Tapir

IT’S A WINDY, RAINY day so we’re delighted to find that the South American Tapir, Tapirus terrestris, here at the Ponderosa Rare Breeds Farm, Heckmondwike, has ventured out of his shelter. He immediately ambles over to snuffle at us when we arrive. On a summer visit 18 months ago, he stayed in the shade of his shelter all afternoon and I didn’t get chance to draw him so I make a few quick sketches in the drizzle adding the colour later from a Googled photograph, and from memory, as the photograph didn’t quite coincide with the browny grey or ‘dull chestnut’ that I’d made a mental note of.

There’s also time to draw one of the busy band of Meerkats, Suricata suricata, which are chattering and burbling in their enclosure.

I get the opportunity in the Reptile House to hold a North American Corn Snake, also known as the Red Ratsnake, Pantherophis guttatus, (from its grey-brown colour, I guess that this was the Midwestern subspecies Elaphe guttata emoryi). Its scales are softer than I expected, despite being cold-blooded its warmer than the ambient temperature (it has probably been in a warm spot in its vivarium) and it feels stoutly muscular when it pushes itself into my armpit. It gives the impression of being completely relaxed and confident as I support it; it’s used to being handled. I also briefly have a female Australian Bearded Lizard, a.k.a. Central Bearded Dragon, Pogona vitticeps, resting on my shoulder. She appears briefly in a marker pen sketch on my page on the Animated Yorkshire workshop that I took part in here in 2010.

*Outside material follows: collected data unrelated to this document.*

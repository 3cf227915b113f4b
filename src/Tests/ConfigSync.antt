-- ===== src/Tests/ConfigSync.antt =====
-- The replicas of the settings at concrete inputs: internal/configsync.
use file_sync_engine.Prelude.{none, ℕ, String, ◌≡◌, refl, ap, true, false, some, [], ◌∷◌, arith}
use file_sync_engine.Prelude.Int.{pos, pos_part}
use file_sync_engine.Prelude.Map.{Map, lookup, Distinct}
use file_sync_engine.ConfigSync.Clock.{Clock, later_than, tick_clock, witness_clock}
use file_sync_engine.ConfigSync.Clock.Order.{tick_witness_later}
use file_sync_engine.ConfigSync.Guards.{plain, valid_instance_id, valid_key, valid_code, rejects}
use file_sync_engine.ConfigSync.Replica.{
  Field, Edit, pending, applied, superseded, Replica, new_replica,
}
use file_sync_engine.ConfigSync.Merge.{merge_fields, merge_edit, merge, wins_field, admitted}
use file_sync_engine.ConfigSync.Merge.Foreign.{merge_fields_comm}
use file_sync_engine.ConfigSync.Merge.Own.{own_field, addressed, Follows}
use file_sync_engine.ConfigSync.Merge.Isolation.{merge-own_field}
use file_sync_engine.ConfigSync.Merge.Again.{find_edit, merge_edit_again}

good_id : valid_instance_id "11111111-1111-4111-8111-11111111111A" ≡ true
unfolding valid_instance_id
good_id = refl

short_id : valid_instance_id "11111111-1111-4111-8111-1111" ≡ false
unfolding valid_instance_id
short_id = refl

api_key_is_secret : rejects "gui.ApiKey" (plain "1") ≡ true
unfolding file_sync_engine.ConfigSync.Guards.secret_string
api_key_is_secret = refl

spaced_code : valid_code " abcd-efgh 1234-5678" ≡ true
unfolding valid_code
spaced_code = refl

no_replica : new_replica "g" "laptop" ≡ none
unfolding new_replica valid_instance_id
no_replica = refl

abbrev clock : ℕ → String → Clock
clock wall node = record { wall = pos wall; counter = 0; node_id = node }

abbrev field : ℕ → String → Field
field wall node = record {
  key = "gui.port";
  value = plain "1";
  deleted = false;
  clock = clock wall node;
  writer = node;
}

abbrev fields : ℕ → String → Map Field
fields wall node = ("gui.port", field wall node) ∷ []

fields-Distinct : (wall : ℕ) (node : String) → Distinct (fields wall node)
unfolding lookup
fields-Distinct wall node = (refl, tt)

tick_witness_later_example :
    (later_than
        (tick_clock (witness_clock (clock 1 "a") "a" (clock 2 "b")) "a" (pos 0))
        (clock 2 "b")
      ≡ true)
    × (later_than
          (tick_clock (witness_clock (clock 1 "a") "a" (clock 2 "b")) "a" (pos 0))
          (clock 1 "a")
        ≡ true)
tick_witness_later_example =
    tick_witness_later (clock 1 "a") (clock 2 "b") "a" (pos 0) (omega arith) (omega arith)

one_is_admitted : admitted "gui.port" (field 1 "a") ≡ true
unfolding valid_key file_sync_engine.ConfigSync.Guards.secret_string
    file_sync_engine.ConfigSync.Guards.secret_value
one_is_admitted = refl

two_is_admitted : admitted "gui.port" (field 2 "b") ≡ true
unfolding valid_key file_sync_engine.ConfigSync.Guards.secret_string
    file_sync_engine.ConfigSync.Guards.secret_value
two_is_admitted = refl

merge_fields_comm_example :
    lookup "gui.port" (merge_fields (fields 1 "a") (fields 2 "b"))
    ≡ lookup "gui.port" (merge_fields (fields 2 "b") (fields 1 "a"))
unfolding lookup
merge_fields_comm_example =
    merge_fields_comm (fields 1 "a") (fields 2 "b") "gui.port" (fields-Distinct 1 "a")
      (fields-Distinct 2 "b") (one_is_admitted, refl) (two_is_admitted, refl)
      (λ same. absurd (ground (arith, ap (λ (c : Clock). pos_part c.wall) same)))

abbrev id_a : String
id_a = "11111111-1111-4111-8111-11111111111a"

abbrev replica : Replica
replica = record {
  group_id = "g";
  instance_id = id_a;
  records = (id_a, record { instance_id = id_a; fields = fields 1 "a" }) ∷ [];
  connections = [];
  edits = [];
  onboarding = [];
  local_clock = clock 1 id_a;
}

abbrev edit : Edit
edit = record {
  id = "e1";
  target = id_a;
  path = "gui.port";
  value = plain "2";
  deleted = false;
  clock = clock 5 "b";
  origin = "b";
  status = pending;
}

abbrev relay : Replica
relay = record replica { instance_id = "22222222-2222-4222-8222-222222222222"; edits = edit ∷ [] }

edit-addressed : addressed id_a edit ≡ true
unfolding valid_key file_sync_engine.ConfigSync.Guards.secret_string
    file_sync_engine.ConfigSync.Guards.secret_value
edit-addressed = refl

edit_wins : wins_field (clock 5 "b") (own_field id_a "gui.port" replica) ≡ true
unfolding lookup later_than
edit_wins = refl

merge_edit_again_example :
    (find_edit "e1" (merge_edit replica edit).edits ≡ some (record edit { status = applied }))
    × (find_edit "e1" (merge_edit (merge_edit replica edit) edit).edits
        ≡ some (record edit { status = superseded }))
merge_edit_again_example = merge_edit_again replica edit edit-addressed edit_wins

merge-own_field_example :
    Follows id_a "gui.port"
      (edit ∷ [])
      (own_field id_a "gui.port" replica)
      (own_field id_a "gui.port" (merge replica relay))
merge-own_field_example = merge-own_field replica relay "gui.port"
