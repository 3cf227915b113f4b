-- ===== src/Tests/Metadata.antt =====
-- The metadata of a folder at concrete inputs.
use file_sync_engine.Prelude.{
  ℕ, ◌+◌, ◌≡◌, ◌≢◌, refl, String, Bool, true, false, Option, none, some, List, [], ◌∷◌, arith,
  str_eq, eq_iff, ◌==◌,
}
use file_sync_engine.Prelude.Lists.{All}
use file_sync_engine.Prelude.Map.{lookup, insert, erase}
use file_sync_engine.Prelude.Sort.{sort_stable}
use file_sync_engine.Prelude.Text.{str_lt}
use file_sync_engine.Metadata.{Item, deleted, file, Codec, Folder, save_manifest, moved}
use file_sync_engine.Metadata.Changes.{
  FolderChanges, FolderSummary, compacted_since, all_changes, changes_since_limit,
}
use file_sync_engine.Metadata.Peer.{PeerFolder, apply_peer_folder_changes}
use file_sync_engine.Metadata.History.{Op, save, delete, run_ops, IsFolder}
use file_sync_engine.Metadata.Mirror.{Mirrors}
use file_sync_engine.Metadata.CatchUp.{catch_up}
use file_sync_engine.Metadata.WellFormed.{saving, changed-IsFolder}
use file_sync_engine.Metadata.Renames.{Skips, rename_lost}
use Prim.Native.String.{◌++◌ as cat}

-- The paths of a summary as its digest.
abbrev pub paths_of : List (Item ℕ) → String
paths_of [] = ""
paths_of (deleted p r ∷ rest) = cat "d" (cat p (paths_of rest))
paths_of (file p r m ∷ rest) = cat "f" (cat p (paths_of rest))

abbrev pub codec : Codec
codec = record {
  Content = ℕ;
  empty = 0;
  damaged = λ m. m == 0;
  blocks_of = λ m. record { size = m; hash = "h"; index = 0 } ∷ [];
  digest = paths_of;
}

abbrev pub folder : Folder codec
folder = record {
  folder_id = "docs";
  files = ("a", 7) ∷ [];
  revisions = ("a", 1) ∷ [];
  history = ("a", (1, 7) ∷ []) ∷ [];
  tombstones = [];
  rename_hints = [];
  cursor = 1;
  compactions = [];
}

pub folder-IsFolder : IsFolder codec folder
unfolding lookup
folder-IsFolder = record {
  files_once = (refl, tt);
  revisions_once = (refl, tt);
  tombstones_once = tt;
  revisions_known = λ p r e. ground (arith, e);
  tombstones_known = λ p r e. ground (arith, e);
  hints_known = tt;
}

abbrev pub no_summary : FolderSummary
no_summary = record { folder_id = "docs"; cursor = 1; files = 1; tombstones = 0; state_hash = "fa" }

abbrev pub peer : PeerFolder codec
peer = record {
  files = ("a", 7) ∷ [];
  revisions = ("a", 1) ∷ [];
  tombstones = [];
  rename_hints = [];
  cursor = 1;
  state = no_summary;
  checkpoint = none;
}

peer-Mirrors : Mirrors codec folder peer
unfolding lookup
peer-Mirrors = record {
  files_once = (refl, tt);
  revisions_once = (refl, tt);
  tombstones_once = tt;
  cursor = refl;
  views = λ p. refl;
}

abbrev ops : List (Op codec)
ops = delete "a" ∷ save "b" 5 ∷ []

pub distinct : (s t : String) → str_eq s t ≡ false → s ≢ t
distinct s t h e = ground (arith, h, eq_iff s t, e)

no_compaction : compacted_since 1 none [] ≡ none
unfolding compacted_since
no_compaction = refl

catch_up_example :
    (message : FolderChanges codec) × (changes_since_limit codec (run_ops codec ops folder) 1 0
      ≡ some message)
    × (after : PeerFolder codec) × (apply_peer_folder_changes codec "node" message peer
        ≡ some after)
    × Mirrors codec (run_ops codec ops folder) after
catch_up_example =
    catch_up codec "node" folder ops peer folder-IsFolder peer-Mirrors no_compaction
      (distinct "node" "" refl) (distinct "docs" "" refl) (omega arith)

changed-IsFolder_example : IsFolder codec (save_manifest codec "b" 5 folder)
changed-IsFolder_example =
    changed-IsFolder codec (saving "b" 5) folder (save_manifest codec "b" 5 folder) (omega arith)
      folder-IsFolder refl

rename_lost_example :
    (lookup "a" (save_manifest codec "c" 9 (moved codec "a" "c" 7 folder)).files ≡ none)
    × (lookup "a" (save_manifest codec "c" 9 (moved codec "a" "c" 7 folder)).tombstones
        ≡ some (1 + 1))
    × All
        (Skips codec "a")
        (all_changes codec (save_manifest codec "c" 9 (moved codec "a" "c" 7 folder)) 1)
rename_lost_example =
    rename_lost codec folder "a" "c" 7 9 folder-IsFolder (distinct "c" "a" refl)
      (distinct "a" "" refl) (omega arith)

-- The peer refuses the changes that a lost rename leaves: it keeps the old path.
abbrev after_rename : Folder codec
after_rename = save_manifest codec "c" 9 (moved codec "a" "c" 7 folder)

abbrev pub is_none : Option (PeerFolder codec) → Bool
is_none none = true
is_none (some after) = false

abbrev refused : Option (FolderChanges codec) → Bool
refused none = false
refused (some message) = is_none (apply_peer_folder_changes codec "node" message peer)

rename_refused : refused (changes_since_limit codec after_rename 1 0) ≡ true
unfolding changes_since_limit apply_peer_folder_changes save_manifest moved lookup insert erase
    sort_stable str_lt
rename_refused = refl

-- A page stops at a revision after which an older file changed again, and its state hash still has
-- the older version: the peer, which has nothing yet, refuses it.
abbrev pub empty_folder : Folder codec
empty_folder = record {
  folder_id = "docs";
  files = [];
  revisions = [];
  history = [];
  tombstones = [];
  rename_hints = [];
  cursor = 0;
  compactions = [];
}

abbrev edited : Folder codec
edited = run_ops codec (save "a" 3 ∷ save "b" 2 ∷ save "a" 1 ∷ []) empty_folder

abbrev pub empty_peer : PeerFolder codec
empty_peer = record {
  files = [];
  revisions = [];
  tombstones = [];
  rename_hints = [];
  cursor = 0;
  state = no_summary;
  checkpoint = none;
}

abbrev page_refused : ℕ → Option (FolderChanges codec) → Bool
page_refused limit none = false
page_refused limit (some message) =
    is_none (apply_peer_folder_changes codec "node" message empty_peer)

page_of_one : page_refused 1 (changes_since_limit codec edited 0 1) ≡ true
unfolding changes_since_limit apply_peer_folder_changes save_manifest lookup insert erase
    sort_stable str_lt
page_of_one = refl

page_of_all : page_refused 0 (changes_since_limit codec edited 0 0) ≡ false
unfolding changes_since_limit apply_peer_folder_changes save_manifest lookup insert erase
    sort_stable str_lt
page_of_all = refl
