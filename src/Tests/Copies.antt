-- ===== src/Tests/Copies.antt =====
-- The Badger store, and the copies of a folder that peers keep, at concrete inputs.
use file_sync_engine.Prelude.{
  ℕ, ◌≡◌, ◌≢◌, refl, Bool, true, false, Option, none, some, List, [], ◌∷◌, arith, str_eq, inl,
  if◌then◌else◌,
}
use file_sync_engine.Prelude.Map.{Map, lookup, insert, erase}
use file_sync_engine.Prelude.Sort.{sort_stable}
use file_sync_engine.Prelude.Text.{str_lt}
use file_sync_engine.Metadata.{Folder, save_manifest, delete_manifest}
use file_sync_engine.Metadata.Changes.{
  FolderChanges, FolderSummary, compacted_since, all_changes, changes_since_limit,
}
use file_sync_engine.Metadata.Peer.{PeerFolder, apply_peer_folder_changes}
use file_sync_engine.Metadata.Mirror.{Mirrors}
use file_sync_engine.Metadata.WellFormed.{FolderUpdate, saving, deleting, moving}
use file_sync_engine.Metadata.Compaction.{CompactionPolicy, state_cursor, compact_folder}
use file_sync_engine.Metadata.Compaction.Told.{compact_folder-told}
use file_sync_engine.Metadata.Refresh.{replace_peer_folder}
use file_sync_engine.Metadata.Refresh.Mirrored.{HasRevisions, replace_peer_folder-Mirrors}
use file_sync_engine.Metadata.Changes.{folder_summary, or_zero}
use file_sync_engine.Metadata.Asked.{save_peer_folder_state, save_peer_folder_state-refused}
use file_sync_engine.Metadata.Changes.{summary_items}
use file_sync_engine.Badger.{BadgerFolder, badger_save}
use file_sync_engine.Badger.Agree.{Agrees, json_run, badger_run, badger_run-Agrees}
use file_sync_engine.Badger.Index.{IsIndexed, badger_changed-IsIndexed}
use file_sync_engine.Tests.Metadata.{
  paths_of, codec, folder, peer, empty_folder, empty_peer, is_none, folder-IsFolder, distinct,
}

abbrev badger_folder : BadgerFolder codec
badger_folder = record {
  manifests = λ p. none;
  revisions = λ p. none;
  history = λ p r. none;
  tombstones = λ p. none;
  rename_hints = λ p. none;
  cursor = none;
  block_index = λ p. [];
}

folders-Agree : Agrees codec empty_folder badger_folder
unfolding lookup
folders-Agree = record {
  files = λ p. refl;
  revisions = λ p. refl;
  history = λ p r. refl;
  tombstones = λ p. refl;
  rename_hints = λ p. refl;
  cursor = refl;
}

abbrev updates : List (FolderUpdate codec)
updates = saving "a" 7 ∷ moving "a" "b" 8 ∷ deleting "b" ∷ moving "" "c" 3 ∷ []

badger_run-Agrees_example :
    Agrees codec
      (json_run codec updates empty_folder)
      (badger_run codec "docs" updates badger_folder)
badger_run-Agrees_example = badger_run-Agrees codec updates empty_folder badger_folder folders-Agree

folder-IsIndexed : IsIndexed codec badger_folder
folder-IsIndexed = record { at_path = λ p. refl }

badger_changed-IsIndexed_example : IsIndexed codec (badger_save codec "a" 7 badger_folder)
badger_changed-IsIndexed_example =
    badger_changed-IsIndexed codec "docs" (saving "a" 7) badger_folder
      (badger_save codec "a" 7 badger_folder) folder-IsIndexed tt refl

abbrev policy : CompactionPolicy
policy = record { peer_ids = "node" ∷ []; retain_last_cursors = 0 }

abbrev states : Map ℕ
states = ("node", 2) ∷ []

abbrev removed : Folder codec
removed = delete_manifest codec "a" folder

compact_folder-told_example :
    (all_changes codec (compact_folder codec policy states removed) (state_cursor states "node")
      ≡ all_changes codec removed (state_cursor states "node"))
    × (compacted_since
          (state_cursor states "node")
          none
          (compact_folder codec policy states removed).compactions
        ≡ compacted_since (state_cursor states "node") none removed.compactions)
compact_folder-told_example = compact_folder-told codec policy states removed "node" (inl refl)

-- A peer that has the tombstone which the compaction took refuses the next changes: its state hash
-- still has the tombstone.
abbrev peer_after : PeerFolder codec
peer_after = record peer { files = []; revisions = []; tombstones = ("a", 2) ∷ []; cursor = 2 }

abbrev refused_after : Option (FolderChanges codec) → Bool
refused_after none = false
refused_after (some message) = is_none (apply_peer_folder_changes codec "node" message peer_after)

compacted_refused :
    refused_after (
      changes_since_limit codec
        (save_manifest codec "b" 5 (compact_folder codec policy states removed))
        2
        0)
    ≡ true
unfolding changes_since_limit apply_peer_folder_changes save_manifest delete_manifest compact_folder
    lookup insert erase sort_stable str_lt
compacted_refused = refl

not_compacted_taken :
    refused_after (changes_since_limit codec (save_manifest codec "b" 5 removed) 2 0) ≡ false
unfolding changes_since_limit apply_peer_folder_changes save_manifest delete_manifest lookup insert
    erase sort_stable str_lt
not_compacted_taken = refl

abbrev only_if : Bool → ℕ → Option ℕ
only_if test n = if test then some n else none

folder-HasRevisions : HasRevisions codec folder
unfolding lookup
folder-HasRevisions = record {
  files_once = (refl, tt);
  unrevised = λ p e. by_test (str_eq "a" p) e;
  revised = λ p n. positive (str_eq "a" p) n;
}
  where
    by_test : (test : Bool) → only_if test 7 ≡ none → only_if test 1 ≡ none
    by_test true e = ground (arith, e)
    by_test false e = refl

    positive : (test : Bool) → only_if test 7 ≢ none → or_zero (only_if test 1) ≢ 0
    positive true n e = omega (arith, e)
    positive false n e = n refl

replace_peer_folder-Mirrors_example :
    (after : PeerFolder codec) × (replace_peer_folder codec "node" "docs"
        (folder_summary codec folder)
        folder.files
        folder.revisions
        peer_after
      ≡ some after)
    × Mirrors codec folder after
replace_peer_folder-Mirrors_example =
    replace_peer_folder-Mirrors codec "node" folder peer_after (distinct "node" "" refl)
      (distinct "docs" "" refl) refl folder-HasRevisions

-- A full refresh from a folder that has a tombstone leaves a copy without it, which refuses the next
-- changes.
abbrev refused_by : Option (PeerFolder codec) → Option (FolderChanges codec) → Bool
refused_by none message = false
refused_by (some copy) none = false
refused_by (some copy) (some message) =
    is_none (apply_peer_folder_changes codec "node" message copy)

refreshed_refused :
    refused_by
      (replace_peer_folder codec "node" "docs"
        (folder_summary codec removed)
        removed.files
        removed.revisions
        peer)
      (changes_since_limit codec (save_manifest codec "b" 5 removed) 2 0)
    ≡ true
unfolding changes_since_limit apply_peer_folder_changes save_manifest delete_manifest lookup insert
    erase sort_stable str_lt replace_peer_folder folder_summary
refreshed_refused = refl

abbrev asked : FolderSummary
asked = record { folder_id = "docs"; cursor = 5; files = 9; tombstones = 0; state_hash = "x" }

asked_compaction : compacted_since 5 none [] ≡ none
unfolding compacted_since
asked_compaction = refl

copy_differs :
    paths_of (summary_items codec empty_peer.files empty_peer.revisions empty_peer.tombstones)
    ≢ paths_of (summary_items codec folder.files folder.revisions folder.tombstones)
unfolding summary_items sort_stable lookup
copy_differs = distinct "" "fa" refl

save_peer_folder_state-refused_example :
    (message : FolderChanges codec) × (changes_since_limit codec folder
        (save_peer_folder_state codec asked empty_peer).state.cursor
        0
      ≡ some message)
    × (apply_peer_folder_changes codec "node" message
          (save_peer_folder_state codec asked empty_peer)
        ≡ none)
save_peer_folder_state-refused_example =
    save_peer_folder_state-refused codec "node" folder asked empty_peer folder-IsFolder
      (omega arith) asked_compaction copy_differs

We’ll be back at the Ponderosa in May for the wedding reception of one of our god-daughters, otherwise we might never have thought of heading out here for our coffee/extended to lunch break.

We’ll certainly be coming back, hopefully on a drier when we’ve got a bit more time but even on a day like today, it’s a change from the coffee shops and restaurants in shopping centres, garden centres and farm shops that we so often find ourselves at on our errands and book deliveries.

You wouldn’t expect to meet a Meerkat in the White Rose Centre or a Reindeer at the Redbrick Mill.

Link; Ponderosa Rural Therapeutic Centre, Animated Yorkshire

Broccoli

IT’S SURVIVED frost and snow, it’s been pecked to tatters by Pheasants but I’m afraid what finally did for one of our purple-flowering broccoli plants was the bonfire we lit yesterday afternoon near the the compost bins, just beyond the cabbage beds.  I hope that two or three of the plants will recover sufficiently to give us a small supply of broccoli florets in a month or two.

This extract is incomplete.